====== THE DATA

-- ===== src/Tests/Admission.antt =====
-- The theorems on the admission and succession of js/governance, on js/core/canonical_json.mjs and on
-- the ids of events in js/dag/index.mjs at concrete inputs.
use fount_p2p.Base.{
  ltb, ◌+◌, ◌*◌, ◌/◌, ◌||◌, ℕ, zero, suc, ℕ_discrete, ◌≡◌, refl, some, [], ◌∷◌, Bool, true, arith,
  length, leb, ◌&&◌, not, ◌==◌, replicate, inl, inr,
}
use fount_p2p.Core.HexIds.{Text, text_dec, contains, dedupe}
use fount_p2p.Core.CanonicalJson.{
  null, undefined, string, object, Entries, end, entry, canonical_stringify,
}
use fount_p2p.Core.CanonicalJson.KeyOrder.{keep, swap, skip, both, canonical_stringify_agrees}
use fount_p2p.Dag.Event.{
  Event, event_body_for_sign, compute_event_id, sign_payload_bytes, canonical_bytes, hashed,
}
use fount_p2p.Dag.Event.Identity.{compute_event_id_lem}
use fount_p2p.Dag.Merkle.{SameIds}
use fount_p2p.Governance.JoinPow
use fount_p2p.Governance.JoinPow.{parse_hex, and_bits, leading_zeros}
use fount_p2p.Governance.JoinPow.Difficulty.{IsHex, join_pow_hash_meets_difficulty_lem}
use fount_p2p.Governance.JoinPow.Search.{IsSolved, solve_join_pow_lem}
use fount_p2p.Governance.JoinPow.Verify.{asked, verify_join_pow-solve_join_pow}
use fount_p2p.Governance.Succession
use fount_p2p.Governance.Succession.Threshold.{
  count_if, supports, is_valid, verify_owner_succession_threshold_lem,
}

zeros-IsHex : (n : ℕ) → IsHex (replicate n b'0')
unfolding parse_hex
zeros-IsHex zero = tt
zeros-IsHex (suc n) = (refl, zeros-IsHex n)

abbrev zeros : Text
zeros = replicate 64 b'0'

-- A stand-in for the hash, and one for the print of a number.
abbrev zero_hash : Text → Text
zero_hash t = zeros

abbrev one_unit : ℕ → Text
one_unit n = n ∷ []

abbrev fields : JoinPow.Fields
fields = record {
  group_id = b'g' ∷ [];
  anchor_ref = b'a' ∷ [];
  joiner_node_hash = b'j' ∷ [];
  epoch = 7;
}

join_pow_hash_meets_difficulty_lem_example :
    JoinPow.join_pow_hash_meets_difficulty zeros 18
    ≡ leb 18 (JoinPow.count_achieved_leading_zero_bits zeros)
join_pow_hash_meets_difficulty_lem_example =
    join_pow_hash_meets_difficulty_lem zeros 18 (zeros-IsHex 64) refl (omega arith)

solve_join_pow_lem_example :
    IsSolved zero_hash one_unit fields 18 20 5
      (JoinPow.solve_join_pow zero_hash one_unit fields 18 5 20)
solve_join_pow_lem_example = solve_join_pow_lem zero_hash one_unit fields 18 5 20

solved :
    JoinPow.solve_join_pow zero_hash one_unit fields 18 5 0
    ≡ some (JoinPow.solution_of zero_hash one_unit fields 0 256)
unfolding JoinPow.solve_join_pow JoinPow.solve_from JoinPow.compute_join_pow_hash
    JoinPow.count_achieved_leading_zero_bits parse_hex
solved = refl

knows : contains fields.anchor_ref ((b'a' ∷ []) ∷ []) ≡ true
unfolding text_dec ℕ_discrete
knows = refl

verify_join_pow-solve_join_pow_example :
    JoinPow.verify_join_pow zero_hash one_unit
      (some (JoinPow.solution_of zero_hash one_unit fields 0 256))
      (asked zero_hash one_unit fields ((b'a' ∷ []) ∷ []) 18 0 (some 1))
      25200000
    ≡ record { ok = true; achieved_bits = 256 }
verify_join_pow-solve_join_pow_example =
    verify_join_pow-solve_join_pow zero_hash one_unit fields ((b'a' ∷ []) ∷ []) 18 5 0 0 (some 1)
      25200000 (JoinPow.solution_of zero_hash one_unit fields 0 256) (λ t. (zeros-IsHex 64, refl))
      refl refl knows refl (omega arith) (omega arith) solved

-- Two admins and one signature.
abbrev as_is : Text → Text
as_is t = t

abbrev accepts : Text → Text → Text → Bool
accepts signature message key = true

abbrev ballot : Succession.Ballot
ballot = record {
  proposed_owner_pub_key_hash = b'o' ∷ [];
  group_id = b'g' ∷ [];
  ballot_id = b'b' ∷ [];
  admin_signatures = record { pub_key_hex = zeros; signature = replicate 128 b'0' } ∷ [];
}

-- A ratio in hundredths, for the host's numbers.
abbrev is_no_share : ℕ → Bool
is_no_share percent = percent == 0 || ltb 100 percent

abbrev ceil_share : ℕ → ℕ → ℕ
ceil_share size percent = (size * percent + 99) / 100

verify_owner_succession_threshold_lem_example :
    let hashes = zeros ∷ (b'x' ∷ []) ∷ [] in
    let admins = dedupe [] hashes in
    let sign_bytes = Succession.owner_succession_ballot_sign_bytes as_is as_is accepts ballot in
    Succession.verify_owner_succession_threshold is_no_share ceil_share as_is as_is accepts ballot
      hashes 50
    ≡ (not (length admins == 0)
        && not (is_no_share 50)
        && leb (ceil_share (length admins) 50) (
            count_if (supports (is_valid accepts sign_bytes) as_is ballot.admin_signatures) admins))
verify_owner_succession_threshold_lem_example =
    verify_owner_succession_threshold_lem is_no_share ceil_share as_is as_is accepts ballot
      (zeros ∷ (b'x' ∷ []) ∷ []) 50 (λ size some_size in_range. omega arith)

abbrev b_then_a : Entries
b_then_a =
    entry (b'b' ∷ []) null
      (entry (b'a' ∷ []) (string (b's' ∷ [])) (entry (b'c' ∷ []) undefined end))

abbrev a_then_b : Entries
a_then_b = entry (b'a' ∷ []) (string (b's' ∷ [])) (entry (b'b' ∷ []) null end)

canonical_stringify_agrees_example :
    canonical_stringify as_is (object b_then_a) ≡ canonical_stringify as_is (object a_then_b)
canonical_stringify_agrees_example =
    canonical_stringify_agrees as_is b_then_a a_then_b
      (both (swap (λ e. ground arith)) (keep (keep skip)))

abbrev event : Event
event = record {
  type = string (b't' ∷ []);
  group_id = string (b'g' ∷ []);
  channel_id = undefined;
  sender = string (b's' ∷ []);
  char_id = undefined;
  timestamp = null;
  hlc = null;
  prev_event_ids = zeros ∷ zeros ∷ [];
  content = undefined;
  node_id = undefined;
}

once-SameIds : SameIds (zeros ∷ zeros ∷ []) (zeros ∷ [])
once-SameIds u valid = (
  λ h. elim h [ inl e ↦ inl e | inr (inl e) ↦ inl e | inr (inr k) ↦ absurd k ],
  λ h. elim h [ inl e ↦ inl e | inr k ↦ absurd k ],
)

compute_event_id_lem_example :
    let body = event_body_for_sign event in
    let other = event_body_for_sign (record event { prev_event_ids = zeros ∷ [] }) in
    let signed = sign_payload_bytes as_is as_is as_is body in
    (signed ≡ canonical_bytes as_is as_is as_is body)
    × (compute_event_id as_is as_is as_is body ≡ hashed as_is as_is as_is signed)
    × (compute_event_id as_is as_is as_is other ≡ hashed as_is as_is as_is signed)
compute_event_id_lem_example =
    compute_event_id_lem as_is as_is as_is event (zeros ∷ []) once-SameIds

============

**TASK REQUIREMENTS**
What the answer needs is every line from the data above with "both" in it.

**EXERCISE RESPONSE**
use fount_p2p.Core.CanonicalJson.KeyOrder.{keep, swap, skip, both, canonical_stringify_agrees}
      (both (swap (λ e. ground arith)) (keep (keep skip)))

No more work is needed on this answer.